**THE TASK**
Using the records below, copy every line that holds the string "quantity".

**DATA TO EXAMINE**
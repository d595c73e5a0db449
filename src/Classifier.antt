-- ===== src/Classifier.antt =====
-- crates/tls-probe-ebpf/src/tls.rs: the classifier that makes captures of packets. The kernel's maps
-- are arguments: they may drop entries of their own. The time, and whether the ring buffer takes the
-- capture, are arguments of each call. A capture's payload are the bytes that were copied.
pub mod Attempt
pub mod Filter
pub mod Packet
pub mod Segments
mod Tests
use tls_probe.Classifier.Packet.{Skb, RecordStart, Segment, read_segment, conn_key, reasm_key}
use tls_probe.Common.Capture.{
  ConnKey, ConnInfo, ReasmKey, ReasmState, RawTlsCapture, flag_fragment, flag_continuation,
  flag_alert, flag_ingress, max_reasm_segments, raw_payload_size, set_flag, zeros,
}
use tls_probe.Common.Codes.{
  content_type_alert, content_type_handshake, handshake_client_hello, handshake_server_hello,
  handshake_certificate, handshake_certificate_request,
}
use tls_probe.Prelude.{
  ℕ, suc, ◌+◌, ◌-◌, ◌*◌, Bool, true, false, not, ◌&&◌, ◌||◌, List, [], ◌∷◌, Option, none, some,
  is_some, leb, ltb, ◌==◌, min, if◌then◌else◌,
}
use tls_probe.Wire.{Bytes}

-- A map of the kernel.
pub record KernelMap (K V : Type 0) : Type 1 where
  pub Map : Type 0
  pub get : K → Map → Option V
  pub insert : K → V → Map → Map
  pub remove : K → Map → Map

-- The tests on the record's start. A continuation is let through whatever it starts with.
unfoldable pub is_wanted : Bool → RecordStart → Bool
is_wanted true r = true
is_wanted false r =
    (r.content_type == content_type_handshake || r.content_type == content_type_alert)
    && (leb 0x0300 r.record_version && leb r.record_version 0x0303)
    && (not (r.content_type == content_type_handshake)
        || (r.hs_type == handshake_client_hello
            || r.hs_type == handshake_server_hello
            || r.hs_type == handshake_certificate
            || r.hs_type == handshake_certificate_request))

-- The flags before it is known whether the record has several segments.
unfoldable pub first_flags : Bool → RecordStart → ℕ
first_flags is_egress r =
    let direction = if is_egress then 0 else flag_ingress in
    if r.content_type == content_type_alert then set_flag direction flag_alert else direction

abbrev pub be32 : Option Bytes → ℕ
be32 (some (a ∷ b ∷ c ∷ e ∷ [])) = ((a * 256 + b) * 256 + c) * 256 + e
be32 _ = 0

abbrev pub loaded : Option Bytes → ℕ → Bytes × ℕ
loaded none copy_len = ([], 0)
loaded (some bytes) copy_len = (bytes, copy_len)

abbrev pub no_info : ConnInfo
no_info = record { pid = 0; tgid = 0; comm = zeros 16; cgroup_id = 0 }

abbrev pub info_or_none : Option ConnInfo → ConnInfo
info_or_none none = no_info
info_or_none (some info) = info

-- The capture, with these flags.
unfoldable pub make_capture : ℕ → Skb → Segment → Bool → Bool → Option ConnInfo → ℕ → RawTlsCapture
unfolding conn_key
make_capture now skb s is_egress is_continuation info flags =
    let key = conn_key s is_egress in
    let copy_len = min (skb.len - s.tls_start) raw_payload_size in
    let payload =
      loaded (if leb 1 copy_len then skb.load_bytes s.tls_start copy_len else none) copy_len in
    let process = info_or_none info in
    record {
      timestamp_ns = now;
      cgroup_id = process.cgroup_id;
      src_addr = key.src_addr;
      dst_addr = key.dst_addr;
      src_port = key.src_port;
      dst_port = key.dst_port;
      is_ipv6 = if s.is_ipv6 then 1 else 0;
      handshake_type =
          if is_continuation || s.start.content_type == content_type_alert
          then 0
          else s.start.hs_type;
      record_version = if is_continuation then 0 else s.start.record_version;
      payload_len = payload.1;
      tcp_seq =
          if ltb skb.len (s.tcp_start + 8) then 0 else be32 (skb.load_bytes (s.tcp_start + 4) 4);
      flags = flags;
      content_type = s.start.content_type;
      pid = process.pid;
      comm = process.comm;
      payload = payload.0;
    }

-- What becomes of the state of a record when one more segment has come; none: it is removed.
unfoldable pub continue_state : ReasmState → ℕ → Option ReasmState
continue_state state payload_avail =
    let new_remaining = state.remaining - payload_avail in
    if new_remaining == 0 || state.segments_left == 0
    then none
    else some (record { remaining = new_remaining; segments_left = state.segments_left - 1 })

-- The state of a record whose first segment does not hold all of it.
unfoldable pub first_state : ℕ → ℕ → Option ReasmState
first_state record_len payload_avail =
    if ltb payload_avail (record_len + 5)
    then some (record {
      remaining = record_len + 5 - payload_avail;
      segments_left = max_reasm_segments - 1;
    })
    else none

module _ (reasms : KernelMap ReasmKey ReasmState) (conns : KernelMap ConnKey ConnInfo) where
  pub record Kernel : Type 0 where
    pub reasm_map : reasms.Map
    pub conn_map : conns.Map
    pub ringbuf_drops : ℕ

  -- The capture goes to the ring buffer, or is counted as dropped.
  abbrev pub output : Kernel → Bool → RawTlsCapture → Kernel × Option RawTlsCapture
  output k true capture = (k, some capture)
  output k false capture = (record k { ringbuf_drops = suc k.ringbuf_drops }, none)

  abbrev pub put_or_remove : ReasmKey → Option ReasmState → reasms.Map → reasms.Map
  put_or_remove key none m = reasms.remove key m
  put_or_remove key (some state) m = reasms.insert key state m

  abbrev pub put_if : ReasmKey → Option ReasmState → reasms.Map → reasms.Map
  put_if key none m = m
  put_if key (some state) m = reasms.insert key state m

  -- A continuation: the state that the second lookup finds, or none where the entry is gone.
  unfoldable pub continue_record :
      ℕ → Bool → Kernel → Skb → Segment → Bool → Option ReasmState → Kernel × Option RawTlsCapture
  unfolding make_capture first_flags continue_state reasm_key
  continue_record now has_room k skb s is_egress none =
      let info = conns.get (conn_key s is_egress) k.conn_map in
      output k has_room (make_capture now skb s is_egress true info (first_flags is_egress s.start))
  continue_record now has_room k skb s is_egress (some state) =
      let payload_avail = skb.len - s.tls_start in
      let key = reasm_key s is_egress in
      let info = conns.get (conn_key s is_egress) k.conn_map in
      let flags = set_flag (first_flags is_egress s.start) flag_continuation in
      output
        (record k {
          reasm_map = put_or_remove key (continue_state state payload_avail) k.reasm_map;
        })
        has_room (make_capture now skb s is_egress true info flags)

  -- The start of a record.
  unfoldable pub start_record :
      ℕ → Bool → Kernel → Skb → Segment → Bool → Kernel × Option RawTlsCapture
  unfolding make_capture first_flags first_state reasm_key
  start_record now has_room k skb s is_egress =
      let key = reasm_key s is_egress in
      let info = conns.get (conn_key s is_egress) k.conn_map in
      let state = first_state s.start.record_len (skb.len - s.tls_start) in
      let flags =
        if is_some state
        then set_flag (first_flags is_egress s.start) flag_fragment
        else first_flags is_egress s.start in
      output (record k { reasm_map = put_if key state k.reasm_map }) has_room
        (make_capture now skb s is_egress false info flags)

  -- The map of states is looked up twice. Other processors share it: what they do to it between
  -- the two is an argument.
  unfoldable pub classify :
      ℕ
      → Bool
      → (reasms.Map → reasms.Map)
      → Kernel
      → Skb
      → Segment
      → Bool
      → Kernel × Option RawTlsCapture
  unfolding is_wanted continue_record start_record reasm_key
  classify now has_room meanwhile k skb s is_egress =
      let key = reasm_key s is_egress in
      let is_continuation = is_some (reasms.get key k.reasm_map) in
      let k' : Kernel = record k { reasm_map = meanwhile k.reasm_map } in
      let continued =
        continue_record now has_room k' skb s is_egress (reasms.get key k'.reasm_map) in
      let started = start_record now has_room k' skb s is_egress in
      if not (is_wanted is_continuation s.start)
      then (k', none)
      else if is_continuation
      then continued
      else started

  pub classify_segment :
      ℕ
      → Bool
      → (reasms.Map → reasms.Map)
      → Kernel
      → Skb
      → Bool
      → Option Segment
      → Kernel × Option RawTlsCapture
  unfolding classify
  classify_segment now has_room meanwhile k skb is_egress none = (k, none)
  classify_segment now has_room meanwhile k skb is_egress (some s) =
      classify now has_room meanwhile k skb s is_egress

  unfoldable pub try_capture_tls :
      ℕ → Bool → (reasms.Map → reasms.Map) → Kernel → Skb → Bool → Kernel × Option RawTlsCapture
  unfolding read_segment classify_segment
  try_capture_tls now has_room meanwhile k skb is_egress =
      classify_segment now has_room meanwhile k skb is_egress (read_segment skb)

--

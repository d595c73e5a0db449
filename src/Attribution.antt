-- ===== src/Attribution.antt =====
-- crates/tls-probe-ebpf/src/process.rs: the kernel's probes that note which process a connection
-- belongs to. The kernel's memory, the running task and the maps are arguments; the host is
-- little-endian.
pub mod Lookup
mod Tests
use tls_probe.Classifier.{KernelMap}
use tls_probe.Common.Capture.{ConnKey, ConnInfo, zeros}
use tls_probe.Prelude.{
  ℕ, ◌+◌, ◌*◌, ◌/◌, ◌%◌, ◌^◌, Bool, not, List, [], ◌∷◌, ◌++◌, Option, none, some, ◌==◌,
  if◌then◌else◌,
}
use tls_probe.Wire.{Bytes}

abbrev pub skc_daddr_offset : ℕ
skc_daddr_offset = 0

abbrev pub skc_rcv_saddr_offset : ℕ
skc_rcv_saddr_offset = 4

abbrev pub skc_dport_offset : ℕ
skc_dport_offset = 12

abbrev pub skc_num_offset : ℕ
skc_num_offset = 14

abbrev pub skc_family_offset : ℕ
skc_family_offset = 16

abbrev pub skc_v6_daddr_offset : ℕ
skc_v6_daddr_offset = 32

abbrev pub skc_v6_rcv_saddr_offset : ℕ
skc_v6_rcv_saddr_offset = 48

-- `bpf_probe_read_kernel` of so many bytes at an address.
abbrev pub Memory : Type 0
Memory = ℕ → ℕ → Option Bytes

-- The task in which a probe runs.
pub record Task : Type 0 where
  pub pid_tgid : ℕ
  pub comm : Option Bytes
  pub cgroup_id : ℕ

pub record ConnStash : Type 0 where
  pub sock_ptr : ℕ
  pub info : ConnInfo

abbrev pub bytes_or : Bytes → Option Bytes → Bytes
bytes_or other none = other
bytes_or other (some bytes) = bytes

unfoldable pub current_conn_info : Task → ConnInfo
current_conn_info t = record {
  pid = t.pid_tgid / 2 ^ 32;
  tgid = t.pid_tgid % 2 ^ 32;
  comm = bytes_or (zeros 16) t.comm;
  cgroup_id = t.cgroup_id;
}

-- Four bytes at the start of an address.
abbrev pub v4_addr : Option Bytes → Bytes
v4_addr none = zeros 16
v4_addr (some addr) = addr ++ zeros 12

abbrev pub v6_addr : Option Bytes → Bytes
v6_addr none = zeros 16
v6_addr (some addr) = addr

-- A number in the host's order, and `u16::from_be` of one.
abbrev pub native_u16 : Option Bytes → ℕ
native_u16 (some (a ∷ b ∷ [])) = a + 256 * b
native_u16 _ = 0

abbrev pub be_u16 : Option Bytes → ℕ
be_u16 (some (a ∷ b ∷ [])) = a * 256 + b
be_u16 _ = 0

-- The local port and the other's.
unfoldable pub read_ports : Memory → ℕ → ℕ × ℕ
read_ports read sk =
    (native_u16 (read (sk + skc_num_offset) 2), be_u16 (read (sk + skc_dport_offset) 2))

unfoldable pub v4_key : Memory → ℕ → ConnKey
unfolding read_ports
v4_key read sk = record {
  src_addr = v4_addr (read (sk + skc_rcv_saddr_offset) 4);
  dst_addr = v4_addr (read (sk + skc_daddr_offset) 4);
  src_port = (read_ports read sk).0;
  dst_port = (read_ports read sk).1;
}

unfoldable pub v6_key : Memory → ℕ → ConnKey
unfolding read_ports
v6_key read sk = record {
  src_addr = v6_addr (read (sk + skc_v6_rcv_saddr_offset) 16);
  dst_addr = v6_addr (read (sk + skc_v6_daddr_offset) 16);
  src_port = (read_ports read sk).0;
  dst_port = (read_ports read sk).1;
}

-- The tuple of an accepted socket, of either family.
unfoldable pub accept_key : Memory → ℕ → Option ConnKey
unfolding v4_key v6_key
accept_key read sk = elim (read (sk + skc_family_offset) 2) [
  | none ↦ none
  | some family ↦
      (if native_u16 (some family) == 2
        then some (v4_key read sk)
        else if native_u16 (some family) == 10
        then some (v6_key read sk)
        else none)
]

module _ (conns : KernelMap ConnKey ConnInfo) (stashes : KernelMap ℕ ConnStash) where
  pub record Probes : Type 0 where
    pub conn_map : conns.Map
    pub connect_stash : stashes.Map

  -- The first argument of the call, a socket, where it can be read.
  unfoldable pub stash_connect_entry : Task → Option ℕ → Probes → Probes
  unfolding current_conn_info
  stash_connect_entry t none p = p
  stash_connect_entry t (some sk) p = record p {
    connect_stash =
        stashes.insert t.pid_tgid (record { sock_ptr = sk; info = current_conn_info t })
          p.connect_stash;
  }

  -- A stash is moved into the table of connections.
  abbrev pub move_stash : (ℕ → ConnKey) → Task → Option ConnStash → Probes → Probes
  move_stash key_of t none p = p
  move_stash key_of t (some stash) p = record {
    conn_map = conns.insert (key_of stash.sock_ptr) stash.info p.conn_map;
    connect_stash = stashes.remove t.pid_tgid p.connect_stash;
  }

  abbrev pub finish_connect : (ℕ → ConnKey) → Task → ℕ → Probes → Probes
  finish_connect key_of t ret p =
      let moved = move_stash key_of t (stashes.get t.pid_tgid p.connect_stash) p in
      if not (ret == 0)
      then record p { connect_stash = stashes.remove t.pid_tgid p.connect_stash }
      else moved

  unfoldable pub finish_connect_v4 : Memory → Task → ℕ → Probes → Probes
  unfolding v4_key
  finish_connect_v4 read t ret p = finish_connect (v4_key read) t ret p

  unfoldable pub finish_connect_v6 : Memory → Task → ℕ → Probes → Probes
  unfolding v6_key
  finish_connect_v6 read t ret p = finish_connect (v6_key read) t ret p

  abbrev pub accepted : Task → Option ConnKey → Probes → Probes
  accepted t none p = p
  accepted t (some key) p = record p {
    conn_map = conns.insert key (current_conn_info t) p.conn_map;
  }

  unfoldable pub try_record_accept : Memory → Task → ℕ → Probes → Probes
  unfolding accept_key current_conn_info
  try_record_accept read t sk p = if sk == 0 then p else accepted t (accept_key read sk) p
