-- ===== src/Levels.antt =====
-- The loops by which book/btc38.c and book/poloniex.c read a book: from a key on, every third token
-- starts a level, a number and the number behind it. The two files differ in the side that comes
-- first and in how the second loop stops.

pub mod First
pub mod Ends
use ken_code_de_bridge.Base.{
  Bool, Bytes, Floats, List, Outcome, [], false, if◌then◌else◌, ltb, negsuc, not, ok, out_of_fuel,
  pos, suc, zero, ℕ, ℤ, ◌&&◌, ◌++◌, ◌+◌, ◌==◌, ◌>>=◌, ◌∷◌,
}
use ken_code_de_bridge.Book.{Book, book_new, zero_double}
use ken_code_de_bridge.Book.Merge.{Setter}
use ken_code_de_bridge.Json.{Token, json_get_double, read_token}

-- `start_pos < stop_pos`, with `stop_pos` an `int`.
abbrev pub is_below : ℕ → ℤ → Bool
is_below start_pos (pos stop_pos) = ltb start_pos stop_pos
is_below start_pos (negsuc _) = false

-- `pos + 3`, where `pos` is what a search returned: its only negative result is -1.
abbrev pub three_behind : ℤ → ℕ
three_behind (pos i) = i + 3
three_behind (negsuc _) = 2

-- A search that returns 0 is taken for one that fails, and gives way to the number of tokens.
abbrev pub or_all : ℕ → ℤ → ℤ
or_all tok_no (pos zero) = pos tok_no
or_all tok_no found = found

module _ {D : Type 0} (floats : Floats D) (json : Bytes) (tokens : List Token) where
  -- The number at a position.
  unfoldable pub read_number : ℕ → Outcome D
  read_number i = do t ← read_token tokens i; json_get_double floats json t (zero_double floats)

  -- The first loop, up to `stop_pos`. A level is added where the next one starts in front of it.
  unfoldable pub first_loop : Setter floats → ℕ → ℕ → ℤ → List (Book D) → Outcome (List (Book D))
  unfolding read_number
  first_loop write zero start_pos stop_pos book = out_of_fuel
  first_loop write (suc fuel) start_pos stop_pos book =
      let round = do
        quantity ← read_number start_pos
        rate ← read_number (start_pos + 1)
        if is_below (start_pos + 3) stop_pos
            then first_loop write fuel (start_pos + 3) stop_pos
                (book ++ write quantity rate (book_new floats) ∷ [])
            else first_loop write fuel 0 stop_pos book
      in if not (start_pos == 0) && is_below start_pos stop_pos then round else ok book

==

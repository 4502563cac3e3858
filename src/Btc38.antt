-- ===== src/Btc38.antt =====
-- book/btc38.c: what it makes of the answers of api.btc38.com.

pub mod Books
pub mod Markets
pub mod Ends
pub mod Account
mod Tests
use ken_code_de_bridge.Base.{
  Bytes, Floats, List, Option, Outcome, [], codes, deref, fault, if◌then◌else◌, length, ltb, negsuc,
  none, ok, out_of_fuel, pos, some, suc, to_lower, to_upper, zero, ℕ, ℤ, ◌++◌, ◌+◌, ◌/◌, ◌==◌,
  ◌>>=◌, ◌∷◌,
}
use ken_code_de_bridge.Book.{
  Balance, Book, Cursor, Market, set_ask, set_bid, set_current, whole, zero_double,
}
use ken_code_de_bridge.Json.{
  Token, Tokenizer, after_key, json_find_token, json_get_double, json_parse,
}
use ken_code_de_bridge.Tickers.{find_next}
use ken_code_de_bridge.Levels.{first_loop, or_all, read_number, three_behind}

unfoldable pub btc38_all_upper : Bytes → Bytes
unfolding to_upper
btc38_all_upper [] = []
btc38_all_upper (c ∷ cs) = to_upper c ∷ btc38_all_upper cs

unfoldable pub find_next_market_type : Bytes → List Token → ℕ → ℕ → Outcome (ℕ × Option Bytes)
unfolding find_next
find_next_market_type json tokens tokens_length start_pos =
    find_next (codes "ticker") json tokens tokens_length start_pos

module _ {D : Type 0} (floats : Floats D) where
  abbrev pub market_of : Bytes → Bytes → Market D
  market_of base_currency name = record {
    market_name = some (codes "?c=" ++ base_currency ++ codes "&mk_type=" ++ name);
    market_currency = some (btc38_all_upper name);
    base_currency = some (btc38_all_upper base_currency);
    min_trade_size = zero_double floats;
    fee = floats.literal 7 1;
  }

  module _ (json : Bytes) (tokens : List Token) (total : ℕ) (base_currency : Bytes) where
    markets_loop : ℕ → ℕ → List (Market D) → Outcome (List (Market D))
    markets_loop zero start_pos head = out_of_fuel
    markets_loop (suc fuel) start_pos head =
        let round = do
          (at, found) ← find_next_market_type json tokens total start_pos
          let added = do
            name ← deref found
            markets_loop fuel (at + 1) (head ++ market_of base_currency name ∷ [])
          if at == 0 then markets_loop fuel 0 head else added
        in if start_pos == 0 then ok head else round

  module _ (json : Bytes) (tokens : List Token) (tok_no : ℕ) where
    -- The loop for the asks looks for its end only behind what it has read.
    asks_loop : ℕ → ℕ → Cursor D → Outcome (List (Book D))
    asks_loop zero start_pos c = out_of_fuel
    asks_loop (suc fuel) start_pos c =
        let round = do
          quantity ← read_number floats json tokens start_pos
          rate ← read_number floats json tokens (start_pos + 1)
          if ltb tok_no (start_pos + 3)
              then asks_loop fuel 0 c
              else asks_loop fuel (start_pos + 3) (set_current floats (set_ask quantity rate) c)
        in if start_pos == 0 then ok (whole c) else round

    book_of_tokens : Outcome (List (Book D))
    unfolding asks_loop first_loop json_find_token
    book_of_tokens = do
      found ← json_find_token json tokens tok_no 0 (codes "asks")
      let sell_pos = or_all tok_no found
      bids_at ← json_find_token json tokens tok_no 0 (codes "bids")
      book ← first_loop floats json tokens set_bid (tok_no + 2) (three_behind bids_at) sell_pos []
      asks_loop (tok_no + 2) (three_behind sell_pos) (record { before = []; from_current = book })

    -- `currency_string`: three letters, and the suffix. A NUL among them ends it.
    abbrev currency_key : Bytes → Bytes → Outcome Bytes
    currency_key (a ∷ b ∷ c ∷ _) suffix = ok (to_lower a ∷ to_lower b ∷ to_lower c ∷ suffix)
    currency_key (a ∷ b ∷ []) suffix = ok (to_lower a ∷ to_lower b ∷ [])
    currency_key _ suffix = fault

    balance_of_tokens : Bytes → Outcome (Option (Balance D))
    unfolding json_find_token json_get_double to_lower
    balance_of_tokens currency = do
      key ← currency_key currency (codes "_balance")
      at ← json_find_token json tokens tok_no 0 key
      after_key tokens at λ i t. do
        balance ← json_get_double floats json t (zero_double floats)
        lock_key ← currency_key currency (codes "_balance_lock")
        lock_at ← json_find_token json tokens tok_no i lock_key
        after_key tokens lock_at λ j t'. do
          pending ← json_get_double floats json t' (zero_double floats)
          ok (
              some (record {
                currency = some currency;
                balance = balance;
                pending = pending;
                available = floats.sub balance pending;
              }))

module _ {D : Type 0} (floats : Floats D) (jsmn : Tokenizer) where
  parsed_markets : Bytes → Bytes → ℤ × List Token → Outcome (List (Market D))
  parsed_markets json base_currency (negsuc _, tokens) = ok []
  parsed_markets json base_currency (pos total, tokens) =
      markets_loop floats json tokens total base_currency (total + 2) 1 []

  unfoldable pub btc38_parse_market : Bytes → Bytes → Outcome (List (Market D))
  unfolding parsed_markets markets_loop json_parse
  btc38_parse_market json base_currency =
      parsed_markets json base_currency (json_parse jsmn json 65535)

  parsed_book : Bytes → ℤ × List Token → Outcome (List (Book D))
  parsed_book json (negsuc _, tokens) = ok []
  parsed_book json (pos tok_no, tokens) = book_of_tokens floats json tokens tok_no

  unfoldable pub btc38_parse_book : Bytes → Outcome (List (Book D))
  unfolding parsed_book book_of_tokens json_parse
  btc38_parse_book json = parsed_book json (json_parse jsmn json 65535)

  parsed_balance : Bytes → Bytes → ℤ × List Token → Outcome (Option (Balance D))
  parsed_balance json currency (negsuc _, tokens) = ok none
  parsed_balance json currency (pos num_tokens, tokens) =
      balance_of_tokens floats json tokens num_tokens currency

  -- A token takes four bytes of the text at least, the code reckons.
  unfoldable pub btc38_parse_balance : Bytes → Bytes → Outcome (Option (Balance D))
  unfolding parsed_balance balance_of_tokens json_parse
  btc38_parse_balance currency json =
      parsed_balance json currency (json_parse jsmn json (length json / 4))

**SOLUTION TO THIS PROBLEM**
        quantity ← read_number start_pos
                (book ++ write quantity rate (book_new floats) ∷ [])
          quantity ← read_number floats json tokens start_pos
              else asks_loop fuel (start_pos + 3) (set_current floats (set_ask quantity rate) c)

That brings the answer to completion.